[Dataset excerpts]
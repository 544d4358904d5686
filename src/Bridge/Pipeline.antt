-- ===== src/Bridge/Pipeline.antt =====
-- bridge/pipeline.py, class BridgePipeline: poll, produce, commit or flush, checkpoint, acknowledge.
-- Delays and logging are left out.
use kafka_fdb_streamline.Common.{
  ⊤, ℕ, zero, suc, true, false, ◌||◌, Option, none, some, List, [], ◌∷◌, if◌then◌else◌, is_empty,
  length, ltb,
}
use kafka_fdb_streamline.Errors.{
  Exn, kafka_exception, buffer_error, timeout_error, runtime_error, value_error, cdc, retryable,
  other_error,
}
use kafka_fdb_streamline.Exec.{Result, ok, err, pure, raise, gets, catch, modify, ◌>>=◌, ◌>>◌}
use kafka_fdb_streamline.Serialization.Model.{Bytes}
use kafka_fdb_streamline.Serialization.Message.{FdbMutationRecord, Protobuf}
use kafka_fdb_streamline.World.{Cursor, Event, Env, Listener, Pipeline, M}
use kafka_fdb_streamline.Kafka.Faults.{is_fatal_kafka_error, kafka_error, commit_may_retry}
use kafka_fdb_streamline.Kafka.Producer
use kafka_fdb_streamline.Cdc.Listener

-- A change of the pipeline's attributes.
unfoldable pub update : (Pipeline → Pipeline) → M ⊤
unfolding modify
update f = modify (λ w. record w { pipeline = f w.pipeline })

-- `_require_retries`, of an int.
unfoldable pub require_retries : ℕ → Result ⊤
require_retries value = if ltb value 1 then err value_error else ok tt

-- `_resolve_partition_key`: the given key, or else the listener's stream name.
unfoldable pub resolve_partition_key : Listener → Option Bytes → Result Bytes
resolve_partition_key l (some key) = if is_empty key then err value_error else ok key
resolve_partition_key l none =
    if is_empty l.raw_stream_name then err value_error else ok l.raw_stream_name

unfoldable pub clear_outstanding : M ⊤
clear_outstanding = update (λ p. record p { commit_outstanding = false })

-- `except CDCRetryableError`
unfoldable pub on_ack_error : M ⊤ → Exn → M ⊤
on_ack_error again (cdc (retryable code)) = again
on_ack_error again e = raise e

module _ (env : Env) where
  -- `_abort_and_raise`
  unfoldable pub abort_and_raise : Exn → M ⊤
  abort_and_raise e =
      if is_fatal_kafka_error e
      then Producer.mark_fatal >> raise e
      else Producer.abort_transaction env >> raise e

  -- The loop of `_produce_all`.
  unfoldable pub produce_all : Protobuf → List FdbMutationRecord → M ⊤
  produce_all pb [] = pure tt
  produce_all pb (message ∷ rest) = do
    p ← gets (λ w. w.pipeline)
    Producer.produce env pb p.topic message (some p.partition_key)
    produce_all pb rest

  -- `except (KafkaException, BufferError, TimeoutError, RuntimeError): self._producer.close(); raise`
  unfoldable pub close_producer_and_raise : Exn → M ⊤
  close_producer_and_raise (kafka_exception error) =
      Producer.close env >> raise (kafka_exception error)
  close_producer_and_raise buffer_error = Producer.close env >> raise buffer_error
  close_producer_and_raise timeout_error = Producer.close env >> raise timeout_error
  close_producer_and_raise (runtime_error reason) =
      Producer.close env >> raise (runtime_error reason)
  close_producer_and_raise e = raise e

  unfoldable pub produce_and_flush : Protobuf → List FdbMutationRecord → M ⊤
  produce_and_flush pb messages = do
    catch (produce_all pb messages >> Producer.flush_or_raise env) close_producer_and_raise
    update (λ p. record p { delivered_unacked = true })

  -- `except (KafkaException, BufferError) as exc: self._abort_and_raise(exc)`
  unfoldable pub abort_batch : Exn → M ⊤
  abort_batch (kafka_exception error) = abort_and_raise (kafka_exception error)
  abort_batch buffer_error = abort_and_raise buffer_error
  abort_batch e = raise e

  unfoldable pub begin_and_produce : Protobuf → List FdbMutationRecord → M ⊤
  begin_and_produce pb messages = do
    Producer.begin_transaction env
    catch (produce_all pb messages) abort_batch
    update (λ p. record p { commit_outstanding = true })

  -- A KafkaException of the commit, after which `again` makes the next attempt.
  unfoldable pub commit_failed : M ⊤ → Exn → M ⊤
  commit_failed again e =
      if is_fatal_kafka_error e
      then clear_outstanding >> Producer.mark_fatal >> raise e
      else if commit_may_retry (kafka_error e)
      then again
      else clear_outstanding >> abort_and_raise e

  -- The handlers of `_commit_with_retry`.
  unfoldable pub on_commit_error : M ⊤ → Exn → M ⊤
  on_commit_error again (kafka_exception error) = commit_failed again (kafka_exception error)
  on_commit_error again (runtime_error reason) = clear_outstanding >> raise (runtime_error reason)
  on_commit_error again e = raise e

  -- `_commit_with_retry` with the attempts that are left, and the exception of the last one.
  unfoldable pub commit_attempts : ℕ → Exn → M ⊤
  commit_attempts zero last_exc w = (err last_exc, w)
  commit_attempts (suc attempts) last_exc w =
      let (r, w') = Producer.commit_transaction env w in
      elim r [ ok _ ↦ (ok tt, w') | err e ↦ on_commit_error (commit_attempts attempts e) e w' ]

  unfoldable pub commit_with_retry : M ⊤
  commit_with_retry = do
    retries ← gets (λ w. w.pipeline.commit_retries)
    commit_attempts retries other_error

  -- `_acknowledge_with_retry` with the attempts that are left, and the exception of the last one.
  unfoldable pub ack_attempts : ℕ → Exn → M ⊤
  ack_attempts zero last_err w = (err last_err, w)
  ack_attempts (suc attempts) last_err w =
      let (r, w') = Listener.acknowledge env w in
      elim r [ ok _ ↦ (ok tt, w') | err e ↦ on_ack_error (ack_attempts attempts e) e w' ]

  unfoldable pub acknowledge_with_retry : M ⊤
  acknowledge_with_retry = do
    retries ← gets (λ w. w.pipeline.ack_retries)
    ack_attempts retries other_error

  -- The checkpoint callback.
  unfoldable pub save_checkpoint : Option Cursor → M ⊤
  save_checkpoint cursor w =
      let reply = env.checkpoint w.trace cursor in
      (reply, record w { trace = Event.checkpoint_saved cursor reply ∷ w.trace })

  unfoldable pub checkpoint : M ⊤
  checkpoint = do
    cursor ← Listener.get_position env
    save_checkpoint cursor
    update (λ p. record p { checkpointed = true })

  unfoldable pub checkpoint_and_acknowledge : M ⊤
  checkpoint_and_acknowledge = do
    done ← gets (λ w. w.pipeline.checkpointed)
    if done then pure tt else checkpoint
    acknowledge_with_retry
    update (λ p. record p { checkpointed = false })

  -- `if self._commit_outstanding:` of `_finish_delivery`
  unfoldable pub commit_if_outstanding : M ⊤
  commit_if_outstanding = do
    outstanding ← gets (λ w. w.pipeline.commit_outstanding)
    if outstanding
        then (do
          commit_with_retry
          update (λ p. record p { commit_outstanding = false; delivered_unacked = true }))
        else pure tt

  unfoldable pub finish_delivery : M ℕ
  finish_delivery = do
    commit_if_outstanding
    checkpoint_and_acknowledge
    update (λ p. record p { delivered_unacked = false })
    gets (λ w. w.pipeline.pending_count)

  unfoldable pub deliver : Protobuf → List FdbMutationRecord → M ℕ
  deliver pb [] = pure 0
  deliver pb (message ∷ rest) = do
    transactional ← gets (λ w. w.producer.transactional)
    if transactional
        then begin_and_produce pb (message ∷ rest)
        else produce_and_flush pb (message ∷ rest)
    update (λ p. record p { pending_count = length (message ∷ rest) })
    finish_delivery

  unfoldable pub step : Protobuf → M ℕ
  step pb = do
    p ← gets (λ w. w.pipeline)
    if p.commit_outstanding || p.delivered_unacked
        then finish_delivery
        else do messages ← Listener.poll_records env pb none; deliver pb messages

## Directions for this task:
A word-for-word copy of the lines above from the one with "unfoldable pub checkpoint_and_acknowledge" through the one with "finish_delivery = do", inclusive, is the only output wanted.

## Finished task:
  unfoldable pub checkpoint_and_acknowledge : M ⊤
  checkpoint_and_acknowledge = do
    done ← gets (λ w. w.pipeline.checkpointed)
    if done then pure tt else checkpoint
    acknowledge_with_retry
    update (λ p. record p { checkpointed = false })

  -- `if self._commit_outstanding:` of `_finish_delivery`
  unfoldable pub commit_if_outstanding : M ⊤
  commit_if_outstanding = do
    outstanding ← gets (λ w. w.pipeline.commit_outstanding)
    if outstanding
        then (do
          commit_with_retry
          update (λ p. record p { commit_outstanding = false; delivered_unacked = true }))
        else pure tt

  unfoldable pub finish_delivery : M ℕ
  finish_delivery = do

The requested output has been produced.